-- Material provided follows --

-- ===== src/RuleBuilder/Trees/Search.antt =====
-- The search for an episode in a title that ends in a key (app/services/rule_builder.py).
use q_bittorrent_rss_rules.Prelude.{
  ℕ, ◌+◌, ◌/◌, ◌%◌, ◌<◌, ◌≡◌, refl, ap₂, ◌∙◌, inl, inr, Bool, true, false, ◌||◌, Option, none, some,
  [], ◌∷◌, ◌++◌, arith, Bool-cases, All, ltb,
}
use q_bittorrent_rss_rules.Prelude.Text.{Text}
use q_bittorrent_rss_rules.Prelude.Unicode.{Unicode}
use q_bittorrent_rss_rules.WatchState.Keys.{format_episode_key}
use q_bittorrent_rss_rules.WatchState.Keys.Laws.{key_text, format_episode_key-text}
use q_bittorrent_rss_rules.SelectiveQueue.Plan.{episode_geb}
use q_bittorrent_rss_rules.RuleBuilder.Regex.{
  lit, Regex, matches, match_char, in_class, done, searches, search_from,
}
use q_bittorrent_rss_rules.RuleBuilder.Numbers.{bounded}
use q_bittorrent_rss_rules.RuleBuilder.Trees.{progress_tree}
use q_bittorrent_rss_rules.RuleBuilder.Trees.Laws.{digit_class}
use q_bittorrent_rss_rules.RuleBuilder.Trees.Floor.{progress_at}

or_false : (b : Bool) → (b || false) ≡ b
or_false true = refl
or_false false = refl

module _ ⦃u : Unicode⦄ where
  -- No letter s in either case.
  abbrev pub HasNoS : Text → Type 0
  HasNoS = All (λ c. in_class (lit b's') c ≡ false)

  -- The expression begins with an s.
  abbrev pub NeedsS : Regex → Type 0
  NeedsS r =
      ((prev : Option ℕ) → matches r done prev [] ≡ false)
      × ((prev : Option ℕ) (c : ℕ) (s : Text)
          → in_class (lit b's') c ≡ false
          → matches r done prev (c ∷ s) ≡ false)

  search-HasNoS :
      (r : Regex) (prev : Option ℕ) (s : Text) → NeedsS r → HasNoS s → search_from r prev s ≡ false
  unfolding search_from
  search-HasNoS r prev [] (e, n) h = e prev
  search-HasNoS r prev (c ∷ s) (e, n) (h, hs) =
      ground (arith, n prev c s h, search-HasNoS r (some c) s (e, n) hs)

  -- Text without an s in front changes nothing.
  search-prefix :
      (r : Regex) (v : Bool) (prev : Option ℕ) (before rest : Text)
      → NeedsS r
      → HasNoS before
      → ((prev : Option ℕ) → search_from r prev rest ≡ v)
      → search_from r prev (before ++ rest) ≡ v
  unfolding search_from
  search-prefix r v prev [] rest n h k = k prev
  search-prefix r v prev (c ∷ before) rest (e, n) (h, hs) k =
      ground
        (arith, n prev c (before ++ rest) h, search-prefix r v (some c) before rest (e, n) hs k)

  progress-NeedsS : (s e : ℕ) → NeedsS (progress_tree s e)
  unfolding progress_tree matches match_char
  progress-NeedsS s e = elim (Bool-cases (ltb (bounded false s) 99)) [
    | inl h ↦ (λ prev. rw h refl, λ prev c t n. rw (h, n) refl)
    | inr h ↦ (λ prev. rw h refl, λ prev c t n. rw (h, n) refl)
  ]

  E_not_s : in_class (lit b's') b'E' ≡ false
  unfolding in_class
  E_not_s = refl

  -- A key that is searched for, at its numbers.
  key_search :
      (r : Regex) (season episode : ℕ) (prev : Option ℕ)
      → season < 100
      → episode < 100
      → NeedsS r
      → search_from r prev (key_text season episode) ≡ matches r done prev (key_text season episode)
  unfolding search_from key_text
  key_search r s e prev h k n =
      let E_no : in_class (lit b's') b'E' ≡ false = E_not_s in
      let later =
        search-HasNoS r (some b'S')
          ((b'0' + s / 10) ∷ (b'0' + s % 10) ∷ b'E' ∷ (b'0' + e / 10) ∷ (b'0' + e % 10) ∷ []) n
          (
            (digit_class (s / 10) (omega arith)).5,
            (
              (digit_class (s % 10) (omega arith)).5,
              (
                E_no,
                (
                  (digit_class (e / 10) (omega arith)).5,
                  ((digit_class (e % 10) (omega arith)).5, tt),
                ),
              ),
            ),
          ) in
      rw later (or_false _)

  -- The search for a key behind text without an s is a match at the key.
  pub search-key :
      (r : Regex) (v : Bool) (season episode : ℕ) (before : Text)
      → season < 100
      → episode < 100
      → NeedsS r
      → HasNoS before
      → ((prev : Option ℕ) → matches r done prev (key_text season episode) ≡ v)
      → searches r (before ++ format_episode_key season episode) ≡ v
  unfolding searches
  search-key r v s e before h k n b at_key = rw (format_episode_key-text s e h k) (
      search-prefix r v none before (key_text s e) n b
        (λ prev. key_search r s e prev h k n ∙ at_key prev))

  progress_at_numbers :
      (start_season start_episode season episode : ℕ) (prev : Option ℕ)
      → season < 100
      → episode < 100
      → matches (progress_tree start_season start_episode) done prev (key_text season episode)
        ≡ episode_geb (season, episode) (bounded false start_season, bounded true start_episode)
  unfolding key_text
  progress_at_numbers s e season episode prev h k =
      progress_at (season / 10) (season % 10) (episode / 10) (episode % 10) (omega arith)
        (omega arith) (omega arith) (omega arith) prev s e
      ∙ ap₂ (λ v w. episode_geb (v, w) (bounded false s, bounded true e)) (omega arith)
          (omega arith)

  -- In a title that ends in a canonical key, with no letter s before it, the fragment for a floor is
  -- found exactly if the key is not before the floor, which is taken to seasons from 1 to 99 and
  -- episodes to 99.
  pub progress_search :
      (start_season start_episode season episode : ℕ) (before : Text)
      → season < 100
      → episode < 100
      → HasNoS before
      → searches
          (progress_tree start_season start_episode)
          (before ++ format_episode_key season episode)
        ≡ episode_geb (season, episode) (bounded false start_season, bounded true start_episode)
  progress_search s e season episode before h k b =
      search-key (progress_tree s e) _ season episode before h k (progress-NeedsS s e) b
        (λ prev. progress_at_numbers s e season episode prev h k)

-- Material provided concluded --

**Problem:**
Your answer must be the records above, repeated exactly.

**Response for this exercise:**
-- ===== src/RuleBuilder/Trees/Search.antt =====
-- The search for an episode in a title that ends in a key (app/services/rule_builder.py).
use q_bittorrent_rss_rules.Prelude.{
  ℕ, ◌+◌, ◌/◌, ◌%◌, ◌<◌, ◌≡◌, refl, ap₂, ◌∙◌, inl, inr, Bool, true, false, ◌||◌, Option, none, some,
  [], ◌∷◌, ◌++◌, arith, Bool-cases, All, ltb,
}
use q_bittorrent_rss_rules.Prelude.Text.{Text}
use q_bittorrent_rss_rules.Prelude.Unicode.{Unicode}
use q_bittorrent_rss_rules.WatchState.Keys.{format_episode_key}
use q_bittorrent_rss_rules.WatchState.Keys.Laws.{key_text, format_episode_key-text}
use q_bittorrent_rss_rules.SelectiveQueue.Plan.{episode_geb}
use q_bittorrent_rss_rules.RuleBuilder.Regex.{
  lit, Regex, matches, match_char, in_class, done, searches, search_from,
}
use q_bittorrent_rss_rules.RuleBuilder.Numbers.{bounded}
use q_bittorrent_rss_rules.RuleBuilder.Trees.{progress_tree}
use q_bittorrent_rss_rules.RuleBuilder.Trees.Laws.{digit_class}
use q_bittorrent_rss_rules.RuleBuilder.Trees.Floor.{progress_at}

or_false : (b : Bool) → (b || false) ≡ b
or_false true = refl
or_false false = refl

module _ ⦃u : Unicode⦄ where
  -- No letter s in either case.
  abbrev pub HasNoS : Text → Type 0
  HasNoS = All (λ c. in_class (lit b's') c ≡ false)

  -- The expression begins with an s.
  abbrev pub NeedsS : Regex → Type 0
  NeedsS r =
      ((prev : Option ℕ) → matches r done prev [] ≡ false)
      × ((prev : Option ℕ) (c : ℕ) (s : Text)
          → in_class (lit b's') c ≡ false
          → matches r done prev (c ∷ s) ≡ false)

  search-HasNoS :
      (r : Regex) (prev : Option ℕ) (s : Text) → NeedsS r → HasNoS s → search_from r prev s ≡ false
  unfolding search_from
  search-HasNoS r prev [] (e, n) h = e prev
  search-HasNoS r prev (c ∷ s) (e, n) (h, hs) =
      ground (arith, n prev c s h, search-HasNoS r (some c) s (e, n) hs)

  -- Text without an s in front changes nothing.
  search-prefix :
      (r : Regex) (v : Bool) (prev : Option ℕ) (before rest : Text)
      → NeedsS r
      → HasNoS before
      → ((prev : Option ℕ) → search_from r prev rest ≡ v)
      → search_from r prev (before ++ rest) ≡ v
  unfolding search_from
  search-prefix r v prev [] rest n h k = k prev
  search-prefix r v prev (c ∷ before) rest (e, n) (h, hs) k =
      ground
        (arith, n prev c (before ++ rest) h, search-prefix r v (some c) before rest (e, n) hs k)

  progress-NeedsS : (s e : ℕ) → NeedsS (progress_tree s e)
  unfolding progress_tree matches match_char
  progress-NeedsS s e = elim (Bool-cases (ltb (bounded false s) 99)) [
    | inl h ↦ (λ prev. rw h refl, λ prev c t n. rw (h, n) refl)
    | inr h ↦ (λ prev. rw h refl, λ prev c t n. rw (h, n) refl)
  ]

  E_not_s : in_class (lit b's') b'E' ≡ false
  unfolding in_class
  E_not_s = refl

  -- A key that is searched for, at its numbers.
  key_search :
      (r : Regex) (season episode : ℕ) (prev : Option ℕ)
      → season < 100
      → episode < 100
      → NeedsS r
      → search_from r prev (key_text season episode) ≡ matches r done prev (key_text season episode)
  unfolding search_from key_text
  key_search r s e prev h k n =
      let E_no : in_class (lit b's') b'E' ≡ false = E_not_s in
      let later =
        search-HasNoS r (some b'S')
          ((b'0' + s / 10) ∷ (b'0' + s % 10) ∷ b'E' ∷ (b'0' + e / 10) ∷ (b'0' + e % 10) ∷ []) n
          (
            (digit_class (s / 10) (omega arith)).5,
            (
              (digit_class (s % 10) (omega arith)).5,
              (
                E_no,
                (
                  (digit_class (e / 10) (omega arith)).5,
                  ((digit_class (e % 10) (omega arith)).5, tt),
                ),
              ),
            ),
          ) in
      rw later (or_false _)

  -- The search for a key behind text without an s is a match at the key.
  pub search-key :
      (r : Regex) (v : Bool) (season episode : ℕ) (before : Text)
      → season < 100
      → episode < 100
      → NeedsS r
      → HasNoS before
      → ((prev : Option ℕ) → matches r done prev (key_text season episode) ≡ v)
      → searches r (before ++ format_episode_key season episode) ≡ v
  unfolding searches
  search-key r v s e before h k n b at_key = rw (format_episode_key-text s e h k) (
      search-prefix r v none before (key_text s e) n b
        (λ prev. key_search r s e prev h k n ∙ at_key prev))

  progress_at_numbers :
      (start_season start_episode season episode : ℕ) (prev : Option ℕ)
      → season < 100
      → episode < 100
      → matches (progress_tree start_season start_episode) done prev (key_text season episode)
        ≡ episode_geb (season, episode) (bounded false start_season, bounded true start_episode)
  unfolding key_text
  progress_at_numbers s e season episode prev h k =
      progress_at (season / 10) (season % 10) (episode / 10) (episode % 10) (omega arith)
        (omega arith) (omega arith) (omega arith) prev s e
      ∙ ap₂ (λ v w. episode_geb (v, w) (bounded false s, bounded true e)) (omega arith)
          (omega arith)

  -- In a title that ends in a canonical key, with no letter s before it, the fragment for a floor is
  -- found exactly if the key is not before the floor, which is taken to seasons from 1 to 99 and
  -- episodes to 99.
  pub progress_search :
      (start_season start_episode season episode : ℕ) (before : Text)
      → season < 100
      → episode < 100
      → HasNoS before
      → searches
          (progress_tree start_season start_episode)
          (before ++ format_episode_key season episode)
        ≡ episode_geb (season, episode) (bounded false start_season, bounded true start_episode)
  progress_search s e season episode before h k b =
      search-key (progress_tree s e) _ season episode before h k (progress-NeedsS s e) b
        (λ prev. progress_at_numbers s e season episode prev h k)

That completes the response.